## [Information given]
* * *

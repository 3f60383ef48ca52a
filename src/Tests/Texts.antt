-- ===== src/Tests/Texts.antt =====
-- The Unicode check.
use xcs.Common.{◌≡◌, ◌↔◌, refl, [], ◌∷◌, ok, err}
use xcs.Core.Errors.{unsupported_json_value}
use xcs.Core.Json.{assert_well_formed}
use xcs.Core.Json.WellFormed.{Passes, assert_well_formed_iff}

lone_low_fails : assert_well_formed (0x61 ∷ 0xdc00 ∷ []) ≡ err unsupported_json_value
unfolding assert_well_formed
lone_low_fails = refl

lone_high_before_text_fails : assert_well_formed (0xd800 ∷ 0x61 ∷ []) ≡ err unsupported_json_value
unfolding assert_well_formed
lone_high_before_text_fails = refl

lone_high_at_the_end_passes : assert_well_formed (0x61 ∷ 0xd800 ∷ []) ≡ ok tt
unfolding assert_well_formed
lone_high_at_the_end_passes = refl

assert_well_formed_iff_example :
    (assert_well_formed (0xd83d ∷ 0xde00 ∷ []) ≡ ok tt) ↔ Passes (0xd83d ∷ 0xde00 ∷ [])
assert_well_formed_iff_example = assert_well_formed_iff (0xd83d ∷ 0xde00 ∷ [])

* * *

## [Your goal]
Type out the material above once more, exactly.

## [Worked solution]
repository 3f60383ef48ca52a
filename src/Tests/Texts.antt
-- ===== src/Tests/Texts.antt =====
-- The Unicode check.
use xcs.Common.{◌≡◌, ◌↔◌, refl, [], ◌∷◌, ok, err}
use xcs.Core.Errors.{unsupported_json_value}
use xcs.Core.Json.{assert_well_formed}
use xcs.Core.Json.WellFormed.{Passes, assert_well_formed_iff}

lone_low_fails : assert_well_formed (0x61 ∷ 0xdc00 ∷ []) ≡ err unsupported_json_value
unfolding assert_well_formed
lone_low_fails = refl

lone_high_before_text_fails : assert_well_formed (0xd800 ∷ 0x61 ∷ []) ≡ err unsupported_json_value
unfolding assert_well_formed
lone_high_before_text_fails = refl

lone_high_at_the_end_passes : assert_well_formed (0x61 ∷ 0xd800 ∷ []) ≡ ok tt
unfolding assert_well_formed
lone_high_at_the_end_passes = refl

assert_well_formed_iff_example :
    (assert_well_formed (0xd83d ∷ 0xde00 ∷ []) ≡ ok tt) ↔ Passes (0xd83d ∷ 0xde00 ∷ [])
assert_well_formed_iff_example = assert_well_formed_iff (0xd83d ∷ 0xde00 ∷ [])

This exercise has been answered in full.